November Theme Of The Month: Black Friday!

Wild And Unruly

| Sydney, NSW, Australia | Crazy Requests, Pets & Animals, Tourists/Travel

(I work at a company that owns a whale watching business. Whale watching season is generally between May and November every year, when the whales pass the Sydney coastline going up to Queensland to give birth and then when they go back down to Antarctica. Sometimes (very rarely) one or two whales decide to make a pit-stop in Sydney Harbour before continuing on their way.)

Me: *phone rings* “Good afternoon, [Company].”

Customer: “What time do the whales come into the Harbour?”

Me: “I’m sorry?”

Customer: “What time do the whales come into the Harbour?”

Me: “I do apologise but I can’t tell you what time the whales will be in the Harbour. However, if you would like to join one of our whale watching cruises—”

Customer: “What do you mean you can’t tell me what time they’ll be in the Harbour? There was one in there yesterday!”

Me: “Yes, I know. It was very exciting. However, that whale has moved on now and I can’t guarantee when the next one will come into the Harbour.”

Customer: “Aren’t you a whale watching company?”

Me: “Yes, we operate three kinds of tours—”

Customer: “So why can’t you tell me what time the whales will be in the f***ing Harbour?!”
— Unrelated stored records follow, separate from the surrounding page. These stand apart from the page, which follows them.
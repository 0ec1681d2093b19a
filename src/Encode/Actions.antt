-- ===== src/Encode/Actions.antt =====
-- The actions of a rule, as src/tc_encode.c encodes them.
use Prim.Native.String.{String}
use flower_route.Base.{ℕ, [], ◌∷◌, if◌then◌else◌, ◌==◌}
use flower_route.Base.Bytes.{bytes16, htonl}
use flower_route.AfAddr.{af_inet, af_inet6}
use flower_route.TcRule.{TcRule}
use flower_route.Netlink.{
  PeditKey, octets, strz, nested, gact_parms, vlan_parms, pedit_parms, mirred_parms, csum_parms,
  Attrs, end, put, ◌&◌,
}
use flower_route.Netlink.Names

-- `tce_action_start` and `tce_action_end`, with what stands between them.
unfoldable pub tce_action : ℕ → String → Attrs → Attrs
tce_action act_no kind opts =
    put act_no
      (nested (put Names.tca_act_kind (strz kind) & put Names.tca_act_options (nested opts)))

unfoldable pub tce_simple_gact : ℕ → Attrs
unfolding tce_action
tce_simple_gact action =
    put Names.tca_flower_act
      (nested (tce_action 1 "gact" (put Names.tca_gact_parms (gact_parms action))))

unfoldable pub tce_modify_vlan_action : ℕ → ℕ → Attrs
unfolding tce_action
tce_modify_vlan_action act_no vlan_id = tce_action act_no "vlan" (
    put Names.tca_vlan_parms (vlan_parms Names.tca_vlan_act_modify Names.tc_act_pipe)
    & put Names.tca_vlan_push_vlan_id (octets (bytes16 vlan_id)))

abbrev pub put_u16 : ℕ → ℕ → Attrs
put_u16 type v = put type (octets (bytes16 v))

-- One of the three keys that set the MAC addresses.
abbrev pub set_ex_key : Attrs
set_ex_key = put Names.tca_pedit_key_ex (
    nested (
      put_u16 Names.tca_pedit_key_ex_cmd Names.tca_pedit_key_ex_cmd_set
      & put_u16 Names.tca_pedit_key_ex_htype Names.tca_pedit_key_ex_hdr_type_eth))

-- The header type of the key that decrements the TTL or the hop limit; none for another family.
abbrev pub ttl_htype : ℕ → Attrs
ttl_htype af =
    if af == af_inet
    then put_u16 Names.tca_pedit_key_ex_htype Names.tca_pedit_key_ex_hdr_type_ip4
    else if af == af_inet6
    then put_u16 Names.tca_pedit_key_ex_htype Names.tca_pedit_key_ex_hdr_type_ip6
    else end

abbrev pub ttl_ex_key : ℕ → Attrs
ttl_ex_key af =
    put Names.tca_pedit_key_ex
      (nested (put_u16 Names.tca_pedit_key_ex_cmd Names.tca_pedit_key_ex_cmd_add & ttl_htype af))

abbrev pub mac_key : ℕ → ℕ → PeditKey
mac_key off word = record { mask = 0; val = word; off = off }

abbrev pub ttl_key : ℕ → PeditKey
ttl_key af =
    if af == af_inet
    then record { mask = htonl 0x00ffffff; val = htonl 0xff000000; off = 8 }
    else if af == af_inet6
    then record { mask = htonl 0xffffff00; val = htonl 0x000000ff; off = 4 }
    else record { mask = 0; val = 0; off = 0 }

unfoldable pub tce_pedit_action : ℕ → TcRule → Attrs
unfolding tce_action
tce_pedit_action act_no tcr = tce_action act_no "pedit" (
    put Names.tca_pedit_keys_ex
      (nested (set_ex_key & set_ex_key & set_ex_key & ttl_ex_key tcr.af_addr.af))
    & put Names.tca_pedit_parms_ex (
        pedit_parms Names.tc_act_pipe (
          mac_key 0 tcr.raw0
          ∷ mac_key 4 tcr.raw1
          ∷ mac_key 8 tcr.raw2
          ∷ ttl_key tcr.af_addr.af
          ∷ [])))

unfoldable pub tce_redirect_action : (ifidx : ℕ) → ℕ → Attrs
unfolding tce_action
tce_redirect_action ifidx act_no =
    tce_action act_no "mirred"
      (put Names.tca_mirred_parms (mirred_parms Names.tca_egress_redir Names.tc_act_stolen ifidx))

unfoldable pub tce_csum_action : ℕ → Attrs
unfolding tce_action
tce_csum_action act_no =
    tce_action act_no "csum"
      (put Names.tca_csum_parms (csum_parms Names.tca_csum_update_flag_ipv4hdr Names.tc_act_pipe))

-- `++act_no` before each action; the checksum's only for IPv4.
unfoldable pub tce_add_ip_forward_rule : (ifidx : ℕ) → TcRule → Attrs
unfolding tce_modify_vlan_action tce_pedit_action tce_redirect_action tce_csum_action
tce_add_ip_forward_rule ifidx rule = put Names.tca_flower_act (
    nested (
      tce_modify_vlan_action 1 rule.vlan_id
      & tce_pedit_action 2 rule
      & (if rule.af_addr.af == af_inet
          then tce_csum_action 3 & tce_redirect_action ifidx 4
          else tce_redirect_action ifidx 3)))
Me: “I’m sorry, but whales are wild animals and we can’t control—”

Customer: “What do you mean they’re ‘wild animals’?!”

Me: “…They live in the wild. They are wild animals. We are an Eco-tour that watches whales in their natural habitat… in the wild…”

Customer: “This is bull-s***. I knew we should have gone to Sea World!” *click*

The Mother Knows Her Call Of Duty

| OH, USA | Bad Behavior, Family & Kids, Technology

(I am working at a customer support center for a popular online video game.)

Me: “Hello, support.”

Caller: “Hi, my son can’t get into his account.”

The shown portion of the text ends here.